(Collected data)
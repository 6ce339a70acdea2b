-- ===== src/Loader.antt =====
-- src/loader.c: reads the code of a process. `fopen` and `fscanf` are of the C library, so the file is a
-- parameter: the type `Input` of what is left of it, and the conversions `%u` and `%s`.
pub mod Number
pub mod Print
pub mod Token
mod Tests
use btlos.Prelude.{
  ℕ, zero, suc, ◌+◌, ◌-◌, ◌*◌, ◌/◌, ◌%◌, ◌^◌, ◌≡◌, ◌<◌, Bool, true, false, Option, none, some, List,
  [], ◌∷◌, Outcome, done, fault, ◌>>=◌, deref, length, ltb, ◌==◌, if◌then◌else◌, ◌&&◌, not,
}
use btlos.Cpu.{Opcode, calc_op, alloc_op, free_op, read_op, write_op, other, Inst}

-- A string, by the codes of its characters.
abbrev pub Word : Type 0
Word = List ℕ

abbrev pub opt_calc : Word
opt_calc = 99 ∷ 97 ∷ 108 ∷ 99 ∷ []

abbrev pub opt_alloc : Word
opt_alloc = 97 ∷ 108 ∷ 108 ∷ 111 ∷ 99 ∷ []

abbrev pub opt_free : Word
opt_free = 102 ∷ 114 ∷ 101 ∷ 101 ∷ []

abbrev pub opt_read : Word
opt_read = 114 ∷ 101 ∷ 97 ∷ 100 ∷ []

abbrev pub opt_write : Word
opt_write = 119 ∷ 114 ∷ 105 ∷ 116 ∷ 101 ∷ []

-- `!strcmp (a, b)`
pub same_word : Word → Word → Bool
same_word [] [] = true
same_word [] (b ∷ others) = false
same_word (a ∷ rest) [] = false
same_word (a ∷ rest) (b ∷ others) = (a == b) && same_word rest others

-- `none` is the end of the program by `exit (1)`.
pub get_opcode : Word → Option Opcode
get_opcode opt =
    if same_word opt opt_calc
    then some calc_op
    else if same_word opt opt_alloc
    then some alloc_op
    else if same_word opt opt_free
    then some free_op
    else if same_word opt opt_read
    then some read_op
    else if same_word opt opt_write
    then some write_op
    else none

-- What `load` sets of `struct pcb_t`.
pub record Loaded : Type 0 where
  pub pid : ℕ
  pub priority : ℕ
  pub code : List Inst
  pub pc : ℕ
  pub bp : ℕ

abbrev pub set_arg_0 : Inst → ℕ → Inst
set_arg_0 ins n = record ins { arg_0 = n }

abbrev pub set_arg_1 : Inst → ℕ → Inst
set_arg_1 ins n = record ins { arg_1 = n }

abbrev pub set_arg_2 : Inst → ℕ → Inst
set_arg_2 ins n = record ins { arg_2 = n }

-- The size of the array `opcode`.
abbrev opcode_size : ℕ
opcode_size = 10

-- A conversion gives `none` where it fails or the file ends.
module _ {Input : Type 0} (scan_u : Input → Option ℕ × Input)
    (scan_s : Input → Option Word × Input) where
  -- `%u` into an argument, where the conversions before it have not failed; the variable keeps its value
  -- where it fails.
  scan_arg : (Inst → ℕ → Inst) → Bool × Inst × Input → Bool × Inst × Input
  scan_arg put (go_on, ins, file) = elim go_on [
    | false ↦ (false, ins, file)
    | true ↦ elim ((scan_u file).0) [
      | none ↦ (false, ins, (scan_u file).1)
      | some n ↦ (true, put ins n, (scan_u file).1)
    ]
  ]

  -- The `switch` on the opcode.
  pub scan_args : Opcode → Inst → Input → Bool × Inst × Input
  scan_args calc_op ins file = (true, ins, file)
  scan_args alloc_op ins file = scan_arg set_arg_1 (scan_arg set_arg_0 (true, ins, file))
  scan_args free_op ins file = scan_arg set_arg_0 (true, ins, file)
  scan_args read_op ins file =
      scan_arg set_arg_2 (scan_arg set_arg_1 (scan_arg set_arg_0 (true, ins, file)))
  scan_args write_op ins file =
      scan_arg set_arg_2 (scan_arg set_arg_1 (scan_arg set_arg_0 (true, ins, file)))
  scan_args other ins file = (true, ins, file)

  -- What the array `opcode` holds after `%s`: a word of ten or more characters leaves it, and where nothing is
  -- read it stays as it was, at first not initialised.
  scan_opcode : Option Word → Input → Outcome (Word × Input)
  scan_opcode opcode file = elim ((scan_s file).0) [
    | none ↦ do w ← deref opcode; done (w, (scan_s file).1)
    | some w ↦ if ltb (length w) opcode_size then done (w, (scan_s file).1) else fault
  ]

  -- The loop body behind the first `fscanf`. `garbage` is what the memory of an instruction holds before; `none`
  -- is `exit (1)`.
  load_inst : Inst → Word → Input → Option (Inst × Input)
  load_inst garbage opcode file = elim (get_opcode opcode) [
    | none ↦ none
    | some op ↦
        let scanned = scan_args op (record garbage { opcode = op }) file in
        some (scanned.1, scanned.2)
  ]

  -- The loop over the instructions.
  pub load_loop : Inst → ℕ → Option Word → Input → Outcome (Option (List Inst))
  load_loop garbage zero opcode file = done (some [])
  load_loop garbage (suc left) opcode file = do
    (w, file1) ← scan_opcode opcode file
    elim (load_inst garbage w file1) [
      | none ↦ done none
      | some (ins, file2) ↦ do
        code ← load_loop garbage left (some w) file2
        done (elim code [ none ↦ none | some rest ↦ some (ins ∷ rest) ])
    ]

  -- `fscanf (file, "%u %u", &proc->priority, &proc->code->size)`, from its second conversion on and as a whole.
  scan_size : ℕ → ℕ → Option ℕ × Input → ℕ × ℕ × Input
  scan_size priority size (none, file) = (priority, size, file)
  scan_size priority size (some n, file) = (priority, n, file)

  scan_priority : ℕ → ℕ → Option ℕ × Input → ℕ × ℕ × Input
  scan_priority priority size (none, file) = (priority, size, file)
  scan_priority priority size (some n, file) = scan_size n size (scan_u file)

  pub scan_head : ℕ → ℕ → Input → ℕ × ℕ × Input
  scan_head priority size file = scan_priority priority size (scan_u file)

  -- `load` from the first `fscanf` on, with `avail_pid` before it and after it.
  load_from : Inst → ℕ → ℕ × ℕ × Input → Outcome (Option (Loaded × ℕ))
  load_from garbage avail_pid (priority, size, file) = do
    code ← load_loop garbage size none file
    done (elim code [
      | none ↦ none
      | some text ↦ some (
        record { pid = avail_pid; priority = priority; code = text; pc = 0; bp = 2 ^ 10 },
        (avail_pid + 1) % 2 ^ 32,
      )
    ])

  -- `load` of the file that `fopen` gives.
  pub load : Inst → ℕ → ℕ → ℕ → Option Input → Outcome (Option (Loaded × ℕ))
  load garbage priority size avail_pid none = done none
  load garbage priority size avail_pid (some file) =
      load_from garbage avail_pid (scan_head priority size file)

Exercise details:
From the records above, tally every line that contains the string "List"; the reply consists of that number alone.

Reply to the task:
4